Hardware requirements

The following hardware specifications are the minimum requirements for running GitLab Duo Self-Hosted on-premise. Requirements vary significantly based on the model size and intended usage:

Base system requirements

  • CPU:
    • Minimum: 8 cores (16 threads)
    • Recommended: 16+ cores for production environments
  • RAM:
    • Minimum: 32 GB
    • Recommended: 64 GB for most models
  • Storage:
    • SSD with sufficient space for model weights and data.

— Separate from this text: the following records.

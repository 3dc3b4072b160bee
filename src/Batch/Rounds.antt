-- ===== src/Batch/Rounds.antt =====
-- `migrate_pages` (arm64_files/migrate.c) returns: the pages of a split THP are not split again.
use memory_migration_cs.Base.{
  ℕ, Bool, true, false, ◌&&◌, not, Option, none, some, List, [], ◌∷◌, ◌++◌, ◌≡◌, ◌≢◌, refl, All,
  All-append, Errno, enosys, enomem, arith, inl, inr, Option-cases,
}
use memory_migration_cs.Batch.{
  Page, base, is_thp, Attempt, released, stays, returned, Mover, Lists, Progress, Stepped,
  place_kept, place_ret, place_gone, place_split, place_failed, try_split_thp, split_or, on_error,
  on_attempt, try_page, run_passes,
}
use memory_migration_cs.Batch.Driver.{
  Batch, end_round, after_passes, run_rounds, begin_subpages, migrate_pages, start, add_retries,
  finish_enomem,
}
use memory_migration_cs.Batch.Loop.{run_passes-inv, Rest, Rest-run_passes, Any, All-Any}

abbrev pub IsBase : Page → Type 0
IsBase p = p.kind ≡ base

-- What is relied on of `split_huge_page_to_list`: it leaves pages of order 0.
abbrev pub SplitsToBase : {W : Type 0} → Mover W → Type 0
SplitsToBase {W} m =
    (v : W) (p head : Page) (tails : List Page)
    → (m.split v p).1 ≡ some (head, tails)
    → All IsBase (tails ++ (head ∷ []))

-- While base pages are tried nothing is split. `Q` is what is known of the pages that are tried, and
-- `R` of those that have failed.
pub record IsUnsplit (Q R : Page → Type 0) (l : Lists) : Type 0 where
  pub all_kept : All Q l.kept
  pub all_failed : All R l.ret
  pub no_split : l.split_pages ≡ []

module _ {W : Type 0} (m : Mover W) (nosplit nsc : Bool) (Q R : Page → Type 0)
    (base_only : (p : Page) → Q p → IsBase p) (failing : (p : Page) → Q p → R p) where
  IsUnsplit-failed :
      (moved : Bool) (p : Page) (l : Lists)
      → Q p
      → IsUnsplit Q R l
      → IsUnsplit Q R (place_failed moved p l)
  unfolding place_ret place_kept
  IsUnsplit-failed true p l q h = record {
    all_kept = h.all_kept;
    all_failed = All-append R l.ret (p ∷ []) h.all_failed (failing p q, tt);
    no_split = h.no_split;
  }
  IsUnsplit-failed false p l q h = record {
    all_kept = All-append Q l.kept (p ∷ []) h.all_kept (q, tt);
    all_failed = h.all_failed;
    no_split = h.no_split;
  }

  -- A base page is not split.
  IsUnsplit-split_or :
      (may : Bool) (p : Page) (s : Progress W) (otherwise : Progress W → Stepped W)
      → may ≡ false
      → IsUnsplit Q R (otherwise s).0.lists
      → IsUnsplit Q R (split_or m may p s otherwise).0.lists
  unfolding split_or
  IsUnsplit-split_or false p s otherwise e h = h
  IsUnsplit-split_or true p s otherwise e h = absurd (ground arith)

  IsUnsplit-on_error :
      (moved : Bool) (e : Errno) (p : Page) (s : Progress W)
      → Q p
      → IsUnsplit Q R s.lists
      → IsUnsplit Q R (on_error m nosplit nsc moved e p s).0.lists
  unfolding on_error
  IsUnsplit-on_error moved enosys p s q h =
      let plain = base_only p q in
      IsUnsplit-split_or (is_thp p.kind) p _ _ (ground arith) (IsUnsplit-failed true p s.lists q h)
  IsUnsplit-on_error moved enomem p s q h =
      let plain = base_only p q in
      IsUnsplit-split_or (is_thp p.kind && not nosplit) p _ _ (ground arith)
        (IsUnsplit-failed moved p s.lists q h)
  IsUnsplit-on_error moved e p s q h = IsUnsplit-failed moved p s.lists q h

  IsUnsplit-on_attempt :
      (a : Attempt W) (p : Page) (s : Progress W)
      → Q p
      → IsUnsplit Q R s.lists
      → IsUnsplit Q R (on_attempt m nosplit nsc a p s).0.lists
  unfolding on_attempt place_gone
  IsUnsplit-on_attempt (released w) p s q h = record {
    all_kept = h.all_kept;
    all_failed = h.all_failed;
    no_split = h.no_split;
  }
  IsUnsplit-on_attempt (stays e w) p s q h =
      IsUnsplit-on_error false e p (record s { world = w }) q h
  IsUnsplit-on_attempt (returned e w) p s q h =
      IsUnsplit-on_error true e p (record s { world = w }) q h

  IsUnsplit-try_page :
      (force : Bool) (p : Page) (s : Progress W)
      → Q p
      → IsUnsplit Q R s.lists
      → IsUnsplit Q R (try_page m nosplit nsc force p s).0.lists
  unfolding try_page
  IsUnsplit-try_page force p s q h = IsUnsplit-on_attempt _ p s q h

  pub IsUnsplit-run_passes :
      (left : ℕ) (s : Progress W)
      → IsUnsplit Q R s.lists
      → IsUnsplit Q R (run_passes m nosplit nsc left s).0.lists
  IsUnsplit-run_passes left s h =
      run_passes-inv m nosplit nsc Q (λ t. IsUnsplit Q R t.lists) (λ t k. k.all_kept)
        (λ t k. record { all_kept = tt; all_failed = k.all_failed; no_split = k.no_split })
        (λ force p t q k. IsUnsplit-try_page force p t q k) left s h

  pub IsUnsplit-Rest :
      (left : ℕ) (s : Progress W)
      → IsUnsplit Q R s.lists
      → Rest Q (run_passes m nosplit nsc left s).1
  IsUnsplit-Rest left s h =
      Rest-run_passes m nosplit nsc Q (λ t. IsUnsplit Q R t.lists) (λ t k. k.all_kept)
        (λ t k. record { all_kept = tt; all_failed = k.all_failed; no_split = k.no_split })
        (λ force p t q k. IsUnsplit-try_page force p t q k) left s h

module _ {W : Type 0} (m : Mover W) (law : SplitsToBase m) (nosplit nsc : Bool) where
  abbrev SplitsBase : Progress W → Type 0
  SplitsBase s = All IsBase s.lists.split_pages

  based-split_or :
      (may : Bool) (p : Page) (s : Progress W) (otherwise : Progress W → Stepped W)
      → SplitsBase s
      → ((t : Progress W) → SplitsBase t → SplitsBase (otherwise t).0)
      → SplitsBase (split_or m may p s otherwise).0
  unfolding split_or try_split_thp place_split
  based-split_or false p s otherwise h o = o s h
  based-split_or true p s otherwise h o = elim (Option-cases (m.split s.world p).1) [
    | inl e ↦ rw (e, split_or, try_split_thp) (o (record s { world = (m.split s.world p).0 }) h)
    | inr ((head, tails), e) ↦
        rw (e, split_or, try_split_thp)
          (All-append IsBase s.lists.split_pages (tails ++ (head ∷ [])) h
            (law s.world p head tails e))
  ]

  based-failed :
      (moved : Bool) (p : Page) (l : Lists)
      → All IsBase l.split_pages
      → All IsBase (place_failed moved p l).split_pages
  unfolding place_ret place_kept
  based-failed true p l h = h
  based-failed false p l h = h

  based-on_error :
      (moved : Bool) (e : Errno) (p : Page) (s : Progress W)
      → SplitsBase s
      → SplitsBase (on_error m nosplit nsc moved e p s).0
  unfolding on_error
  based-on_error moved enosys p s h =
      based-split_or (is_thp p.kind) p _ _ h (λ t k. based-failed true p t.lists k)
  based-on_error moved enomem p s h =
      based-split_or (is_thp p.kind && not nosplit) p _ _ h (λ t k. based-failed moved p t.lists k)
  based-on_error moved e p s h = based-failed moved p s.lists h

  based-on_attempt :
      (a : Attempt W) (p : Page) (s : Progress W)
      → SplitsBase s
      → SplitsBase (on_attempt m nosplit nsc a p s).0
  unfolding on_attempt place_gone
  based-on_attempt (released w) p s h = h
  based-on_attempt (stays e w) p s h = based-on_error false e p (record s { world = w }) h
  based-on_attempt (returned e w) p s h = based-on_error true e p (record s { world = w }) h

  based-try_page :
      (force : Bool) (p : Page) (s : Progress W)
      → SplitsBase s
      → SplitsBase (try_page m nosplit nsc force p s).0
  unfolding try_page
  based-try_page force p s h = based-on_attempt _ p s h

  based-run_passes :
      (left : ℕ) (s : Progress W) → SplitsBase s → SplitsBase (run_passes m nosplit nsc left s).0
  based-run_passes left s h =
      run_passes-inv m nosplit nsc Any SplitsBase (λ t k. All-Any t.lists.kept) (λ t k. k)
        (λ force p t q k. based-try_page force p t k) left s h

module _ {W : Type 0} where
  -- A round ends with a return unless it goes on with split pages.
  returns-after_passes :
      (next : Progress W → Option (Batch W)) (s : Progress W) (stop : Option (List Page))
      → (s.lists.split_pages ≢ []
          → (b : Batch W) × (next (begin_subpages (record s { counters = add_retries s.counters }))
              ≡ some b))
      → (b : Batch W) × (after_passes next (s, stop) ≡ some b)
  unfolding after_passes end_round
  returns-after_passes next s (some rest) h = (finish_enomem rest s, refl)
  returns-after_passes next s none h = returns-end_round s.lists.split_pages h
    where
      returns-end_round :
          (ps : List Page)
          → (ps ≢ []
              → (b : Batch W) × (next
                    (begin_subpages (record s { counters = add_retries s.counters }))
                  ≡ some b))
          → (b : Batch W) × (end_round next ps (record s { counters = add_retries s.counters })
              ≡ some b)
      returns-end_round [] h = (_, refl)
      returns-end_round (p ∷ ps) h = h (λ e. cc)

-- If splitting a THP leaves base pages, `migrate_pages` returns, after two rounds of at most ten
-- passes, whatever the single moves do.
pub migrate_pages-returns :
    {W : Type 0} (m : Mover W)
    → SplitsToBase m
    → (nosplit : Bool) (from : List Page) (w : W)
    → (b : Batch W) × (migrate_pages m nosplit from w ≡ some b)
unfolding migrate_pages run_rounds
migrate_pages-returns m law nosplit from w =
    let first = run_passes m nosplit false 10 (start from w) in
    let s = first.0 in
    let t = begin_subpages (record s { counters = add_retries s.counters }) in
    let second = run_passes m nosplit true 10 t in
    returns-after_passes (run_rounds m 1 nosplit true) first.0 first.1 λ ne.
      returns-after_passes (run_rounds m 0 nosplit true) second.0 second.1 λ ne'. absurd (
        ne'
          (IsUnsplit-run_passes m nosplit true IsBase Any (λ p b. b) (λ p b. tt) 10 t
            (record {
              all_kept = based-run_passes m law nosplit false 10 (start from w) tt;
              all_failed = All-Any t.lists.ret;
              no_split = refl;
            })).no_split)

GPU requirements by model size

Model size Minimum GPU configuration Minimum VRAM required
7B models
(for example, Mistral 7B)
1x NVIDIA A100 (40GB) 35 GB
22B models
(for example, Codestral 22B)
2x NVIDIA A100 (80GB) 110 GB
Mixtral 8x7B 2x NVIDIA A100 (80GB) 220 GB
Mixtral 8x22B 8x NVIDIA A100 (80GB) 526 GB

Use Hugging Face’s memory utility to verify memory requirements.

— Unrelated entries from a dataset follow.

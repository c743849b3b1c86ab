-- ===== src/Store/Memory.antt =====
-- packages/store/src/memory.ts: a `Map` of receipts by the intent's id, and the ids in the order in
-- which they were first put.
pub mod Refines
mod Tests
use mathlib.Core.Option
use mathlib.Core.List.{reverse}
use kp.Common.{
  ℕ, Bool, true, false, Option, none, some, List, [], ◌∷◌, ◌++◌, map, Text, length, take,
  if◌then◌else◌,
}
use kp.Common.Maps.{lookup, store}
use kp.Store.{StoredReceipt}

pub record MemoryStore : Type 0 where
  pub receipts : List (Text × StoredReceipt)
  pub order : List Text

abbrev pub empty_store : MemoryStore
empty_store = record { receipts = []; order = [] }

abbrev pub is_some : Option StoredReceipt → Bool
is_some none = false
is_some (some r) = true

unfoldable pub put : StoredReceipt → MemoryStore → MemoryStore
put r s =
    let id = r.receipt.intent_id in
    record {
      receipts = store id r s.receipts;
      order = if is_some (lookup id s.receipts) then s.order else s.order ++ id ∷ [];
    }

unfoldable pub get : Text → MemoryStore → Option StoredReceipt
get id s = lookup id s.receipts

-- `none` in the result is `undefined`, which the source asserts away.
unfoldable pub list : Option ℕ → MemoryStore → List (Option StoredReceipt)
unfolding get
list limit s = map (λ id. get id s) (take (Option.get_or limit 50) (reverse s.order))

unfoldable pub count : MemoryStore → ℕ
count s = length s.receipts

unfoldable pub put_all : List StoredReceipt → MemoryStore → MemoryStore
unfolding put
put_all [] s = s
put_all (r ∷ rs) s = put_all rs (put r s)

Response time by model size and GPU

Small machine

With a a2-highgpu-2g (2x Nvidia A100 40 GB - 150 GB vRAM) or equivalent:

Model name Number of requests Average time per request (sec) Average tokens in response Average tokens per second per request Total time for requests Total TPS
Mistral-7B-Instruct-v0.3 1 7.09 717.0 101.19 7.09 101.17
Mistral-7B-Instruct-v0.3 10 8.41 764.2 90.35 13.70 557.80
Mistral-7B-Instruct-v0.3 100 13.97 693.23 49.17 20.81 3331.59

Medium machine

With a a2-ultragpu-4g (4x Nvidia A100 40 GB - 340 GB vRAM) machine on GCP or equivalent:

Model name Number of requests Average time per request (sec) Average tokens in response Average tokens per second per request Total time for requests Total TPS
Mistral-7B-Instruct-v0.3 1 3.80 499.0 131.25 3.80 131.23
Mistral-7B-Instruct-v0.3 10 6.00 740.6 122.85 8.19 904.22
Mistral-7B-Instruct-v0.3 100 11.71 695.71 59.06 15.54 4477.34
Mixtral-8x7B-Instruct-v0.1 1 6.50 400.0 61.55 6.50 61.53
Mixtral-8x7B-Instruct-v0.1 10 16.58 768.9 40.33 32.56 236.13
Mixtral-8x7B-Instruct-v0.1 100 25.90 767.38 26.87 55.57 1380.68

Large machine

With a a2-ultragpu-8g (8 x NVIDIA A100 80 GB - 1360 GB vRAM) machine on GCP or equivalent:

Model name Number of requests Average time per request (sec) Average tokens in response Average tokens per second per request Total time for requests (sec) Total TPS
Mistral-7B-Instruct-v0.3 1 3.23 479.0 148.41 3.22 148.36
Mistral-7B-Instruct-v0.3 10 4.95 678.3 135.98 6.85 989.11
Mistral-7B-Instruct-v0.3 100 10.14 713.27 69.63 13.96 5108.75
Mixtral-8x7B-Instruct-v0.1 1 6.08 709.0 116.69 6.07 116.64
Mixtral-8x7B-Instruct-v0.1 10 9.95 645.0 63.68 13.40 481.06
Mixtral-8x7B-Instruct-v0.1 100 13.83 585.01 41.80 20.38 2869.12
Mixtral-8x22B-Instruct-v0.1 1 14.39 828.0 57.56 14.38 57.55
Mixtral-8x22B-Instruct-v0.1 10 20.57 629.7 30.24 28.02 224.71
Mixtral-8x22B-Instruct-v0.1 100 27.58 592.49 21.34 36.80 1609.85

AI Gateway Hardware Requirements

For recommendations on AI gateway hardware, see the AI gateway scaling recommendations.